My interpretation is this:
Chronic Fatigue Syndrome is poorly understood not just by the public, but by physicians, the media, and insurance companies as well.
Key criteria for the IOM, in order to effect change, are:
- More research dollars to determine the underlying cause of CFS/ME
- A re-branding of the disease
- Accurate diagnostic criteria
- A reduction in time to diagnose
- Better rapport between patient and physician
- A primary endpoint relevant to patient quality of life that pharmaceutical companies can use to develop treatments
Now we all know that CFS research has been massively underfunded to date, often has poor research quality (no offense to the researchers, this generally has to do with lack of funding resulting in small sample sizes and poor controls), and has often been co-opted to look at other, better understood research topics (MS, lyme disease, depression, PTSD, etc.). So putting this in the context of "what can the medical establishment do to fix this in the near term?", PEM as shown with the two-day cycle test showing a large reduction in VO2 max (
http://www.translational-medicine.com/content/12/1/104) offers them the best framework out of a number of poor choices.
Advantages include:
1) The new name gives physicians who don't know much about the disease a new focus: exercise intolerance. Instead of a number of negative blood tests (which, for the overwhelming majority of the patients they see means "not sick" or "getting better"), a physician gets a numerical readout that says this patient
cannot reproduce their level of exertion (VO2 max) two days in a row, on a level that
has to be pathological.
2) This, in turn, provides physicians with a clear cut result to validate their approach "This patient
is sick, and we're going to try drugs x, y & z to reduce their symptoms."
3) Exercise intolerance is a much better symptom for the physician to develop a rapport with the patient than other indicators like the pain, fatigue and mental fog. Pain, fatigue and mental fog are all subjective and have social stigma attached (Are they displaying drug-seeking behaviour? Malingering? How bad is it really? Do they just need more willpower?). They're also almost worthless diagnostically, between the number of other diseases sharing these symptoms and the fact that they are commonly faked. Remember, any normal GP is going to see many, many more problem patients than they do PWCFS, and they need a signature to reliably separate a "true" CFS patient from the noise.

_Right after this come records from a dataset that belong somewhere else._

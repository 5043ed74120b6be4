-- ===== src/Pipe/Stream.antt =====
-- A pipe of kernel/core/pipe.c shared by any number of readers and writers. The lock makes each
-- segment atomic, so a run is a sequence of segments of any callers, in any order, and of closes.
use ustc_26spring.Common.{
  ℕ, ◌≤◌, ◌≡◌, refl, ◌∙◌, Bool, true, false, List, [], ◌++◌, append_assoc, append-nil, arith,
  length,
}
use ustc_26spring.Pipe.{
  Pipe, pipe_size, fresh, Caller, Written, Taken, nothing, Read, write_segment, read_segment, close,
}
use ustc_26spring.Pipe.Fifo.{IsValid, contents, length-contents}
use ustc_26spring.Pipe.Segments.{
  Writes, Reads, slept, killed, read, write_segment-Writes, read_segment-Reads,
}

-- A pipe with the bytes that writers have stored in it and the bytes that readers have taken out,
-- oldest first.
pub record Stream : Type 0 where
  pub pipe : Pipe
  pub stored : List ℕ
  pub removed : List ℕ

abbrev pub after_write : Stream → Written → Stream
after_write s w = record s { pipe = w.pipe; stored = s.stored ++ w.sent }

abbrev pub after_read : Stream → Taken → Stream
after_read s t = record s { pipe = t.pipe; removed = s.removed ++ (t.delivered ++ t.lost) }

abbrev pub after_close : Stream → Bool → Stream
after_close s writable = record s { pipe = (close writable s.pipe).0 }

pub data Step (s : Stream) : Stream → Type 0 where
  writes : (c : Caller) (addr k i : ℕ) → Step s (after_write s (write_segment c addr k i s.pipe))
  reads : (c : Caller) (addr n : ℕ) → Step s (after_read s (read_segment c addr n s.pipe).taken)
  closes : (writable : Bool) → Step s (after_close s writable)

pub data Run (s : Stream) : Stream → Type 0 where
  here : Run s s
  next : {t u : Stream} → Run s t → Step t u → Run s u

pub record IsFaithful (s : Stream) : Type 0 where
  pub valid : IsValid s.pipe
  pub kept : s.stored ≡ s.removed ++ contents s.pipe

close-IsFaithful : (b : Bool) (s : Stream) → IsFaithful s → IsFaithful (after_close s b)
unfolding close
close-IsFaithful true s f = record { valid = omega arith; kept = f.kept }
close-IsFaithful false s f = record { valid = omega arith; kept = f.kept }

write-IsFaithful :
    (s : Stream) {w : Written} {c : Caller} {addr k i : ℕ}
    → IsFaithful s
    → Writes c addr k i s.pipe w
    → IsFaithful (after_write s w)
write-IsFaithful s {w} f h = record {
  valid = h.valid;
  kept = rw (f.kept, h.appends) (append_assoc s.removed (contents s.pipe) w.sent);
}

unread : (s : Stream) {t : Taken} → IsFaithful s → t ≡ nothing s.pipe → IsFaithful (after_read s t)
unread s f e = rw e (record { valid = f.valid; kept = f.kept ∙ rw append-nil })

read-IsFaithful :
    (s : Stream) {r : Read} {c : Caller} {addr n : ℕ}
    → IsFaithful s
    → Reads c addr n s.pipe r
    → IsFaithful (after_read s r.taken)
read-IsFaithful s f (slept _ _ _ e _) = unread s f e
read-IsFaithful s f (killed _ _ _ e _) = unread s f e
read-IsFaithful s {r} f (read _ t _ _) = record {
  valid = t.valid;
  kept = f.kept ∙ rw t.removes (simp append_assoc);
}

Step-IsFaithful : {s t : Stream} → Step s t → IsFaithful s → IsFaithful t
Step-IsFaithful {s} (writes c addr k i) f =
    write-IsFaithful s f (write_segment-Writes c addr k i s.pipe f.valid)
Step-IsFaithful {s} (reads c addr n) f =
    read-IsFaithful s f (read_segment-Reads c addr n s.pipe f.valid)
Step-IsFaithful {s} (closes b) f = close-IsFaithful b s f

Run-IsFaithful : {s t : Stream} → IsFaithful s → Run s t → IsFaithful t
Run-IsFaithful f here = f
Run-IsFaithful f (next r st) = Step-IsFaithful st (Run-IsFaithful f r)

pub start : List ℕ → Stream
start page = record { pipe = fresh page; stored = []; removed = [] }

-- Whatever segments of readers and writers and closes follow one another on a new pipe, the bytes taken out
-- are the first of the bytes stored, in the order of the stores, and what is missing is in the
-- ring, which never holds more than 512 bytes.
pub Run-fifo :
    (page : List ℕ) {t : Stream}
    → length page ≡ pipe_size
    → Run (start page) t
    → (t.stored ≡ t.removed ++ contents t.pipe) × (length (contents t.pipe) ≤ pipe_size)
unfolding start fresh
Run-fifo page h r =
    let f = Run-IsFaithful (record { valid = omega arith; kept = refl }) r in
    (f.kept, omega (arith, length-contents _, f.valid))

4) Unlike all the PACE & GET controversy over the subjective nature of the "recovery", drug companies have a quantitative endpoint to test drugs against. This is
hugely important, with the FDA becoming increasingly demanding that new treatments demonstrate significant improved patient outcomes. Besides, the industry is highly conservative, and wants clear timelines, milestones, and go-no go decisions on their path to drug approval, and won't spend money punching smoke instead of a clear target.

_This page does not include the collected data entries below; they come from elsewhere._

-- ===== src/Pipe/Tests.antt =====
-- Pipes of kernel/core/pipe.c on a small input.
use ustc_26spring.Common.{
  ℕ, ◌≡◌, ◌≤◌, ◌<◌, ◌+◌, ◌⊎◌, refl, true, none, some, List, [], ◌∷◌, ◌++◌, ltb, arith, length,
  replicate,
}
use ustc_26spring.Pipe.{pipe_size, fresh, Caller, push, write_segment, read_segment, returned}
use ustc_26spring.Pipe.Fifo.{IsValid, contents}
use ustc_26spring.Pipe.Segments.{
  Writes, Reads, write_segment-Writes, read_segment-Reads, killed_writer_is_silent,
}
use ustc_26spring.Pipe.Stream.{
  Stream, start, after_write, after_read, here, next, writes, reads, Run-fifo,
}

abbrev page : List ℕ
page = replicate pipe_size 0

-- Its byte at each address is the address; it is killed in the second round.
abbrev caller : Caller
caller = record { copyin = λ a. some a; copyout = λ a x. true; killed = λ i. ltb 0 i }

fresh-IsValid : IsValid (fresh page)
unfolding fresh
fresh-IsValid = record {
  storage = refl;
  read_word = omega arith;
  write_word = omega arith;
  bounded = omega arith;
}

write_segment-Writes_example :
    Writes caller 7 2 0 (fresh page) (write_segment caller 7 2 0 (fresh page))
write_segment-Writes_example = write_segment-Writes caller 7 2 0 (fresh page) fresh-IsValid

read_segment-Reads_example : Reads caller 7 2 (fresh page) (read_segment caller 7 2 (fresh page))
read_segment-Reads_example = read_segment-Reads caller 7 2 (fresh page) fresh-IsValid

killed_writer_is_silent_example :
    let w = write_segment caller 7 3 0 (fresh page) in
    (0 + length w.sent < 1)
    ⊎ ((0 + length w.sent ≡ 1)
        × (contents w.pipe ≡ contents (fresh page) ++ w.sent)
        × (w.outcome ≡ returned none)
        × (w.woken ≡ []))
killed_writer_is_silent_example =
    killed_writer_is_silent caller 7 3 0 1 (fresh page) fresh-IsValid refl (omega arith)
      (omega arith)

-- It does come to the byte.
killed_writer_stores : (write_segment caller 7 3 0 (fresh page)).sent ≡ 7 ∷ []
unfolding fresh write_segment push
killed_writer_stores = refl

abbrev written : Stream
written = after_write (start page) (write_segment caller 7 1 0 (start page).pipe)

abbrev both : Stream
both = after_read written (read_segment caller 0 5 written.pipe).taken

Run-fifo_example :
    (both.stored ≡ both.removed ++ contents both.pipe) × (length (contents both.pipe) ≤ pipe_size)
Run-fifo_example = Run-fifo page refl (next (next here (writes caller 7 1 0)) (reads caller 0 5))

5) With PEM as a focus, additional research dollars may become available from a number of sources. Pharmaceutical companies want a defined molecular mechanism to target therapies for. Strength of NIH grant proposals goes up because of the increase in perceived significance, and because the chance of success is improved by working on a particular aspect of the disease.
At the end of the day, is there the possibility that this new name and report will encourage focus on one subgroup to the detriment of others? Absolutely. Is SEID a compromise? Of course, this whole report is about bringing CFS/ME back into the public awareness, which means trying to appease everyone, including insurers. Overall, though, I think the IOM did a pretty good job with what they had to work with.